%%
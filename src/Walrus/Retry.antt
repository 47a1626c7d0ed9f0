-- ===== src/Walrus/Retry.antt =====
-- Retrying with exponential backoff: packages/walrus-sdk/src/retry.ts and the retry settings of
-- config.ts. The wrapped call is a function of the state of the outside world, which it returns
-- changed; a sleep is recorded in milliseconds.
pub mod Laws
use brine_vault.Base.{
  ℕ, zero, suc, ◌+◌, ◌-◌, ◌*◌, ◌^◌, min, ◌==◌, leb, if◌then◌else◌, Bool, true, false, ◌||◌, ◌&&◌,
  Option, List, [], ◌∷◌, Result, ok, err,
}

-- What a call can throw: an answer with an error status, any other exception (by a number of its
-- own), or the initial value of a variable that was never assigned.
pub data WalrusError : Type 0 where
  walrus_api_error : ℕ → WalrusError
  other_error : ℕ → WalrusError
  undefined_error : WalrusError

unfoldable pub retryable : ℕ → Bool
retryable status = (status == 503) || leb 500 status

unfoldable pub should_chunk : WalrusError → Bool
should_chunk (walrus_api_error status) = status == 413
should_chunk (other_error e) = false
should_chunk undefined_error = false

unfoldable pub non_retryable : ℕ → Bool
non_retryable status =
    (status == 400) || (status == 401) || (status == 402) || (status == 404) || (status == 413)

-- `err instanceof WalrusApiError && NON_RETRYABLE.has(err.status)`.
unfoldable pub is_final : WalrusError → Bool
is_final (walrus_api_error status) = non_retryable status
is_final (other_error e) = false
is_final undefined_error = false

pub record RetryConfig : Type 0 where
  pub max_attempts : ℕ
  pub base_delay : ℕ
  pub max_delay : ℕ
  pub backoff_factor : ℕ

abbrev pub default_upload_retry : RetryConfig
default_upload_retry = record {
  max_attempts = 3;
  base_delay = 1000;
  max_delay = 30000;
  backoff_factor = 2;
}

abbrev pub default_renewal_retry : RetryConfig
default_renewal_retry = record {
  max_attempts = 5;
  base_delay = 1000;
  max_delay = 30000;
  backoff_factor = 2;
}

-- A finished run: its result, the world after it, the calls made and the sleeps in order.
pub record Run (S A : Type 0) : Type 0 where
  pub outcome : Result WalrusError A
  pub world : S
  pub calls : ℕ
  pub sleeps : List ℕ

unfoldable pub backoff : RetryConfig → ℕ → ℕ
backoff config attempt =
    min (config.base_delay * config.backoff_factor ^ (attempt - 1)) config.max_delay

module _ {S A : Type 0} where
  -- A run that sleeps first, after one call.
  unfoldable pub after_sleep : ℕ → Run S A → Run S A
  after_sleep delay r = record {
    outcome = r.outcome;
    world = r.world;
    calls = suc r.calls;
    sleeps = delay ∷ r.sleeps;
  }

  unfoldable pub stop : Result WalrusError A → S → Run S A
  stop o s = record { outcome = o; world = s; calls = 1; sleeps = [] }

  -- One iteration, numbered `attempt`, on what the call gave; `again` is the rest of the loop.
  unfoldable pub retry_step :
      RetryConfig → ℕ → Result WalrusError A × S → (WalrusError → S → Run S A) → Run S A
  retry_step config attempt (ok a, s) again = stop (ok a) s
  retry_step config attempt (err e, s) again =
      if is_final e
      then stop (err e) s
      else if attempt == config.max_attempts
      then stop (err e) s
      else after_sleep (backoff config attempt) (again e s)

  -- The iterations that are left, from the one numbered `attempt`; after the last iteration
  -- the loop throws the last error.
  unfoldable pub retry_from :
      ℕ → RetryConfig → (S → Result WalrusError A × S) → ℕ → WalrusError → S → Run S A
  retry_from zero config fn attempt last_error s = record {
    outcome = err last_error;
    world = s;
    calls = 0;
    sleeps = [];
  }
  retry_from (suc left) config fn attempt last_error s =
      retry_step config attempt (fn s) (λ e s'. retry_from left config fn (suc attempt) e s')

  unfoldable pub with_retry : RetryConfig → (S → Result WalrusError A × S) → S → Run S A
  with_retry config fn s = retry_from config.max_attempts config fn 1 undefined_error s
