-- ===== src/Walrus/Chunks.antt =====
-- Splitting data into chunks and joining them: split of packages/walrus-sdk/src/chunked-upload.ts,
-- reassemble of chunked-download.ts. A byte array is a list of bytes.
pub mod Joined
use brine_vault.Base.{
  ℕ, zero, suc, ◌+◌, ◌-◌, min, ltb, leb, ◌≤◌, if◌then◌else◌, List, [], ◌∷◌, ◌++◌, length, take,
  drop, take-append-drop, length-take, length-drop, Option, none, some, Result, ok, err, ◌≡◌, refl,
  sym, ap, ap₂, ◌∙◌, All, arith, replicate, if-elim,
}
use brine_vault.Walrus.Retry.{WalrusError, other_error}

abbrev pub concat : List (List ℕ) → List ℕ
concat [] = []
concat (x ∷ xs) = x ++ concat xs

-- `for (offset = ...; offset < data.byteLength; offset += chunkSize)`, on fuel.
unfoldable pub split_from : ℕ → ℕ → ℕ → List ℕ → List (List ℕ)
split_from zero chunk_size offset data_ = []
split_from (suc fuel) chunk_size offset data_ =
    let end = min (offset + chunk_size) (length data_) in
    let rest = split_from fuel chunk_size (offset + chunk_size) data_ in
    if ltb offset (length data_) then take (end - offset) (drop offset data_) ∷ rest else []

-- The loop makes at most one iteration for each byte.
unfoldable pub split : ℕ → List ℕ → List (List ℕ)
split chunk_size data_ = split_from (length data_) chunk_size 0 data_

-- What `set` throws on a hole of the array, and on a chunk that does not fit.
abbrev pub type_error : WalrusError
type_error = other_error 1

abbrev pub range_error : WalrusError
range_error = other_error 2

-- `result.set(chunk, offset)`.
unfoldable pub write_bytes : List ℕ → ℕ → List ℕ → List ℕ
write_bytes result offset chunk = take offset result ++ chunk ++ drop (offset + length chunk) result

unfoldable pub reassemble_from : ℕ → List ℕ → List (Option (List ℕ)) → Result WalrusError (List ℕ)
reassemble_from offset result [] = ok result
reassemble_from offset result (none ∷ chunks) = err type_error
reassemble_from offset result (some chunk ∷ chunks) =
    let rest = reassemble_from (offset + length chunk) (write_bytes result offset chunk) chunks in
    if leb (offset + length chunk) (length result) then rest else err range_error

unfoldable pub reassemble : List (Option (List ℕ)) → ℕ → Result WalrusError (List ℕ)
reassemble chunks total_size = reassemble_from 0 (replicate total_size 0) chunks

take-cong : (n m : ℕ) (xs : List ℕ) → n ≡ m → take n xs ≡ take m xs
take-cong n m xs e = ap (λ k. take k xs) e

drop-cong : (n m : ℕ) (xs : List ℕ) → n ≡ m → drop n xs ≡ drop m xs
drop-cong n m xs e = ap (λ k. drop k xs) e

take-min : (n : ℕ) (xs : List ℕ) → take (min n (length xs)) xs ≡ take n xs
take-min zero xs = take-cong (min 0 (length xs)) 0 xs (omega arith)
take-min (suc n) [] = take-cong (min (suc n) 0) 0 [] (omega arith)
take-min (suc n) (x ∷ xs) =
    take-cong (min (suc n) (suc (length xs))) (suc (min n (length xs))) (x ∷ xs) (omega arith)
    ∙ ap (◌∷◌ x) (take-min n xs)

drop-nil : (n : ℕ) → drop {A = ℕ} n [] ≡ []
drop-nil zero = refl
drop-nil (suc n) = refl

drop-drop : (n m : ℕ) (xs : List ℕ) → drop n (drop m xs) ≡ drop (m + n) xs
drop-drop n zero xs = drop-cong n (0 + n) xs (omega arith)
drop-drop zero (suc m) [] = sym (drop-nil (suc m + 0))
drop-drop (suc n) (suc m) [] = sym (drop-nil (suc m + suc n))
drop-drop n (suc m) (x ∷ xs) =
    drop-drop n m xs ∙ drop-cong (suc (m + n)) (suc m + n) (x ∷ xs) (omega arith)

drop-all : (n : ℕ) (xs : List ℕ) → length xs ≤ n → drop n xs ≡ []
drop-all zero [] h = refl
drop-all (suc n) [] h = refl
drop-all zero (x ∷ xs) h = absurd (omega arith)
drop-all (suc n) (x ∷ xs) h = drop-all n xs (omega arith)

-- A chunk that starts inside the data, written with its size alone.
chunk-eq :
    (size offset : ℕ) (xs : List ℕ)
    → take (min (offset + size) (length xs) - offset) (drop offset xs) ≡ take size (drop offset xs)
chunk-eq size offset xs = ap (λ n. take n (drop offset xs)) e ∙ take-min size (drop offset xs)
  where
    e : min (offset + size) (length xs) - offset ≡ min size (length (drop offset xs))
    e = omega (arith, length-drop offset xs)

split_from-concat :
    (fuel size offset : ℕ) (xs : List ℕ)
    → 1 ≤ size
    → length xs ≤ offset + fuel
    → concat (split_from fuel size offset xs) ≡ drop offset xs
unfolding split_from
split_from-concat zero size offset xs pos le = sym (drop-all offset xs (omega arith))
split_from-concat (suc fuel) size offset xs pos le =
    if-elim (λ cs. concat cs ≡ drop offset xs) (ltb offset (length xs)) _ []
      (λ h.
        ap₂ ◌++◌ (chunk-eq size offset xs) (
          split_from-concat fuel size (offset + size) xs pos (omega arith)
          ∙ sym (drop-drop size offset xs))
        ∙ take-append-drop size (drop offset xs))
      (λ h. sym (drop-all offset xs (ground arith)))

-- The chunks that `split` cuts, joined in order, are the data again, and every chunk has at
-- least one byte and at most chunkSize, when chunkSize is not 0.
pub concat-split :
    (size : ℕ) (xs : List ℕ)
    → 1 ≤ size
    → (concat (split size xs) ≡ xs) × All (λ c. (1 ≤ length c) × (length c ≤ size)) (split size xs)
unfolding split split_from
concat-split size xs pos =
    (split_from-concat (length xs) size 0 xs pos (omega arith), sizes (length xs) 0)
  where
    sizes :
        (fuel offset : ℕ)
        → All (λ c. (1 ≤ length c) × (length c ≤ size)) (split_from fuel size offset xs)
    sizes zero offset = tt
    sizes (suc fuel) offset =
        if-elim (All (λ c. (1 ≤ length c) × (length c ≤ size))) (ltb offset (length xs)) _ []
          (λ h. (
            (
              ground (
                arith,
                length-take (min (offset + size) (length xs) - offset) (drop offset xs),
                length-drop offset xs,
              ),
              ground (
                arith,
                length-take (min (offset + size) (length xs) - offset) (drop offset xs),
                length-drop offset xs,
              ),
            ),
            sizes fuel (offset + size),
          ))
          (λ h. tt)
%%
Aim of the task: Search the entries for the string "replicate" and return each line where it turns up.

Output for this task:
  sym, ap, ap₂, ◌∙◌, All, arith, replicate, if-elim,
reassemble chunks total_size = reassemble_from 0 (replicate total_size 0) chunks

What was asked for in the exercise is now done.